Every record, from the first to the last, is to be printed again exactly.

Saved entries
★ ★ ★
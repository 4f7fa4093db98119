-- ===== src/Codec/Leb128/Bounds.antt =====
-- light-server/src/codec/leb128.rs, `decode_leb128_values` on any bytes.
use bitcoin_data.Base.{
  IsU64, List, [], arith, bit_and, bit_or, bit_or-lt, bytes_keyed, length, ok, refl, ℕ, ◌%◌, ◌*◌,
  ◌+◌, ◌<◌, ◌^◌, ◌∷◌, ◌≡◌, ◌≤◌,
}
use bitcoin_data.Codec.Leb128.{decode_value}

-- After `j` bytes the shift is 7 * j, and the loop is left before it passes 63.
decode_value_takes_from :
    (bytes : List ℕ) (shift value j v : ℕ) (rest : List ℕ)
    → shift ≡ 7 * j
    → j ≤ 9
    → IsU64 value
    → decode_value bytes shift value ≡ ok (v, rest)
    → IsU64 v × (length rest < length bytes) × (length bytes + j ≤ length rest + 10)
unfolding decode_value
decode_value_takes_from [] shift value j v rest hs hj hv e = cc
decode_value_takes_from (b ∷ bytes) shift value j v rest hs hj hv e = ground (
  arith,
  bit_or-lt 64 value (bit_and b 0x7f * 2 ^ shift % 2 ^ 64),
  decode_value_takes_from bytes (shift + 7) (bit_or value (bit_and b 0x7f * 2 ^ shift % 2 ^ 64))
      (j + 1) v rest,
)

-- A value that is decoded from any bytes fits 64 bits, and took 1 to 10 bytes.
pub decode_value_takes :
    (bytes : List ℕ) (v : ℕ) (rest : List ℕ)
    → decode_value bytes 0 0 ≡ ok (v, rest)
    → IsU64 v × (length rest < length bytes) × (length bytes ≤ length rest + 10)
decode_value_takes bytes v rest e =
    ground (arith, decode_value_takes_from bytes 0 0 0 v rest refl (omega arith) (omega arith) e)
★ ★ ★
RESULT FOR THIS EXERCISE:
repository 4f7fa4093db98119
-- ===== src/Codec/Leb128/Bounds.antt =====
-- light-server/src/codec/leb128.rs, `decode_leb128_values` on any bytes.
use bitcoin_data.Base.{
  IsU64, List, [], arith, bit_and, bit_or, bit_or-lt, bytes_keyed, length, ok, refl, ℕ, ◌%◌, ◌*◌,
  ◌+◌, ◌<◌, ◌^◌, ◌∷◌, ◌≡◌, ◌≤◌,
}
use bitcoin_data.Codec.Leb128.{decode_value}

-- After `j` bytes the shift is 7 * j, and the loop is left before it passes 63.
decode_value_takes_from :
    (bytes : List ℕ) (shift value j v : ℕ) (rest : List ℕ)
    → shift ≡ 7 * j
    → j ≤ 9
    → IsU64 value
    → decode_value bytes shift value ≡ ok (v, rest)
    → IsU64 v × (length rest < length bytes) × (length bytes + j ≤ length rest + 10)
unfolding decode_value
decode_value_takes_from [] shift value j v rest hs hj hv e = cc
decode_value_takes_from (b ∷ bytes) shift value j v rest hs hj hv e = ground (
  arith,
  bit_or-lt 64 value (bit_and b 0x7f * 2 ^ shift % 2 ^ 64),
  decode_value_takes_from bytes (shift + 7) (bit_or value (bit_and b 0x7f * 2 ^ shift % 2 ^ 64))
      (j + 1) v rest,
)

-- A value that is decoded from any bytes fits 64 bits, and took 1 to 10 bytes.
pub decode_value_takes :
    (bytes : List ℕ) (v : ℕ) (rest : List ℕ)
    → decode_value bytes 0 0 ≡ ok (v, rest)
    → IsU64 v × (length rest < length bytes) × (length bytes ≤ length rest + 10)
decode_value_takes bytes v rest e =
    ground (arith, decode_value_takes_from bytes 0 0 0 v rest refl (omega arith) (omega arith) e)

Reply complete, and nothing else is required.